- **Raw data**:
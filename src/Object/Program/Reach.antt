-- ===== src/Object/Program/Reach.antt =====
-- The stores that a program reaches, and what is left when it has dropped its references.
use giitestutils.Base.{
  ◌⊎◌, ◌↔◌, ℕ, zero, suc, ◌-◌, ◌<◌, ◌≡◌, refl, Bool, Option, none, some, arith, subst, inl, inr,
  zero_or_pos, Option-cases,
}
use giitestutils.Base.Exec.{returned}
use giitestutils.Base.Exec.Ensures.{Post}
use giitestutils.Object.{Ref, GtuTestObject, Store}
use giitestutils.Object.Counts.{children_of, children_at, occurs, held, IsLive}
use giitestutils.Object.Later.{Bounded}
use giitestutils.Object.Depth.{All-get}
use giitestutils.Object.Valid.{IsValid}
use giitestutils.Object.Program.{Call, perform, IsAllowed, owned_after, perform-IsValid}

-- No object has been allocated, and NULL is no address.
abbrev pub empty : Store
empty = record { cell = λ p. none; next = 1 }

-- Enough fuel for each object of the store.
abbrev pub IsDepth : Store → ℕ → Type 0
IsDepth h n = (p : Ref) → IsLive h p → Bounded h n p

module _ (isspace : ℕ → Bool) where
  -- A store, and the references of the program, after some allowed calls that have returned.
  pub data Reach : Store → (Ref → ℕ) → Type 0 where
    start : {h : Store} {owned : Ref → ℕ} → h ≡ empty → owned ≡ (λ p. 0) → Reach h owned
    call :
        {h h' : Store} {owned kept : Ref → ℕ} (c : Call) (a : IsAllowed isspace h owned c) (n : ℕ)
        → Reach h owned
        → IsDepth h n
        → perform isspace n c h ≡ (returned tt, h')
        → kept ≡ owned_after isspace h owned c a
        → Reach h' kept

  empty-IsValid : IsValid isspace empty (λ p. 0)
  empty-IsValid = record {
    forest = record {
      counted = record {
        no_null = refl;
        unused = λ p beyond. refl;
        counts = λ p o l. ground (arith, l);
        fits = λ p o l. ground (arith, l);
        parents = λ q p there. absurd (omega (arith, there));
        owns = λ p some_owned. absurd (omega (arith, some_owned));
      };
      alive = λ p o l. ground (arith, l);
      linked = λ p o l n live. ground (arith, l);
      started = omega arith;
      old_parents = λ p o l. ground (arith, l);
      named = λ p o l. ground (arith, l);
      depth = 0;
      bounded = λ p (o, l). ground (arith, l);
    };
    fresh = record {
      elements = λ p xs path names e. ground (arith, e);
      string = λ p path s e printed. ground (arith, e);
    };
  }

  -- The depth of a valid store may be any that bounds its objects.
  abbrev pub at_depth :
      {h : Store} {owned : Ref → ℕ} (n : ℕ)
      → IsDepth h n
      → IsValid isspace h owned
      → IsValid isspace h owned
  at_depth n d v = record v { forest = record v.forest { depth = n; bounded = d } }

  pub Reach-IsValid : {h : Store} {owned : Ref → ℕ} → Reach h owned → IsValid isspace h owned
  Reach-IsValid (start e f) = rw (e, f) empty-IsValid
  Reach-IsValid (call {h} {h'} {owned} {kept} c a n r d e f) =
      let w =
        perform-IsValid isspace h owned (at_depth n d (Reach-IsValid r)) c a n (omega arith) in
      rw f (
        subst (λ x. Post ⊥ (λ u g. IsValid isspace g (owned_after isspace h owned c a)) x.0 x.1) e
          w.holds)

  -- An object that the program does not own stands in the array of a live suite.
  module _ {h : Store} {owned : Ref → ℕ} (v : IsValid isspace h owned)
      (none_owned : (p : Ref) → owned p ≡ 0) where
    ever_less : (k : ℕ) (p : Ref) → IsLive h p → Bounded h (v.forest.depth - k) p
    ever_less zero p live = subst (λ n. Bounded h n p) (omega arith) (v.forest.bounded p live)
    ever_less (suc k) p (o, l) =
        let n = v.forest.counted.counts p o l in
        let some_held : 0 < held h p o = omega (arith, n, v.forest.alive p o l, none_owned p) in
        below (v.forest.depth - k) (omega arith)
          (ever_less k o.parent (has_children o.parent (h.cell o.parent) refl some_held)) some_held
      where
        has_children :
            (q : Ref) (c : Option GtuTestObject)
            → h.cell q ≡ c
            → 0 < occurs p (children_at c)
            → IsLive h q
        has_children q none e there = absurd (omega (arith, there))
        has_children q (some x) e there = (x, e)

        below :
            (m : ℕ)
            → v.forest.depth - suc k ≡ m - 1
            → Bounded h m o.parent
            → 0 < held h p o
            → Bounded h (v.forest.depth - suc k) p
        below zero e b there = absurd b
        below (suc m) e (x, lx, a) there =
            let same : m ≡ v.forest.depth - suc k = omega (arith, e) in
            subst (λ j. Bounded h j p) same
              (All-get (λ c. Bounded h m c) (children_of x.kind) p a
                (subst (λ c. 0 < occurs p (children_at c)) lx there))

  -- After any allowed calls, an object is live exactly when the program owns a reference to it or it
  -- stands in the array of children of a live suite.
  pub Reach-IsLive_iff :
      {h : Store} {owned : Ref → ℕ} (p : Ref)
      → Reach h owned
      → IsLive h p ↔ ((0 < owned p) ⊎ (q : Ref) × (0 < occurs p (children_at (h.cell q))))
  Reach-IsLive_iff {h} {owned} p r =
      let v = Reach-IsValid r in
      (
        (λ (o, l).
            let n = v.forest.counted.counts p o l in
            elim (zero_or_pos (owned p)) [
              | inr some_owned ↦ inl some_owned
              | inl none_owned ↦ inr (o.parent, omega (arith, n, none_owned, v.forest.alive p o l))
            ]),
        (λ there. elim there [
          | inl some_owned ↦ v.forest.counted.owns p some_owned
          | inr (q, some_held) ↦ let (o, l, e) = v.forest.counted.parents q p some_held in (o, l)
        ]),
      )

  -- Once a program, after any allowed calls, owns no reference any more, no object is left: also
  -- those that the suites held have been destroyed.
  pub Reach-all_freed :
      {h : Store} {owned : Ref → ℕ}
      → Reach h owned
      → ((p : Ref) → owned p ≡ 0)
      → (p : Ref) → h.cell p ≡ none
  Reach-all_freed {h} r none_owned p =
      let v = Reach-IsValid r in
      elim (Option-cases (h.cell p)) [
        | inl gone ↦ gone
        | inr live ↦
            let none_left : v.forest.depth - v.forest.depth ≡ 0 = omega arith in
            absurd
              (subst (λ n. Bounded h n p) none_left (ever_less v none_owned v.forest.depth p live))
      ]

- **Exercise goal**: Keeping every character as it is, restate the lines above that run from the line with "pub data Reach" through the line with "fresh = record", both included, and nothing else.

- **Output of the exercise**:
  pub data Reach : Store → (Ref → ℕ) → Type 0 where
    start : {h : Store} {owned : Ref → ℕ} → h ≡ empty → owned ≡ (λ p. 0) → Reach h owned
    call :
        {h h' : Store} {owned kept : Ref → ℕ} (c : Call) (a : IsAllowed isspace h owned c) (n : ℕ)
        → Reach h owned
        → IsDepth h n
        → perform isspace n c h ≡ (returned tt, h')
        → kept ≡ owned_after isspace h owned c a
        → Reach h' kept

  empty-IsValid : IsValid isspace empty (λ p. 0)
  empty-IsValid = record {
    forest = record {
      counted = record {
        no_null = refl;
        unused = λ p beyond. refl;
        counts = λ p o l. ground (arith, l);
        fits = λ p o l. ground (arith, l);
        parents = λ q p there. absurd (omega (arith, there));
        owns = λ p some_owned. absurd (omega (arith, some_owned));
      };
      alive = λ p o l. ground (arith, l);
      linked = λ p o l n live. ground (arith, l);
      started = omega arith;
      old_parents = λ p o l. ground (arith, l);
      named = λ p o l. ground (arith, l);
      depth = 0;
      bounded = λ p (o, l). ground (arith, l);
    };
    fresh = record {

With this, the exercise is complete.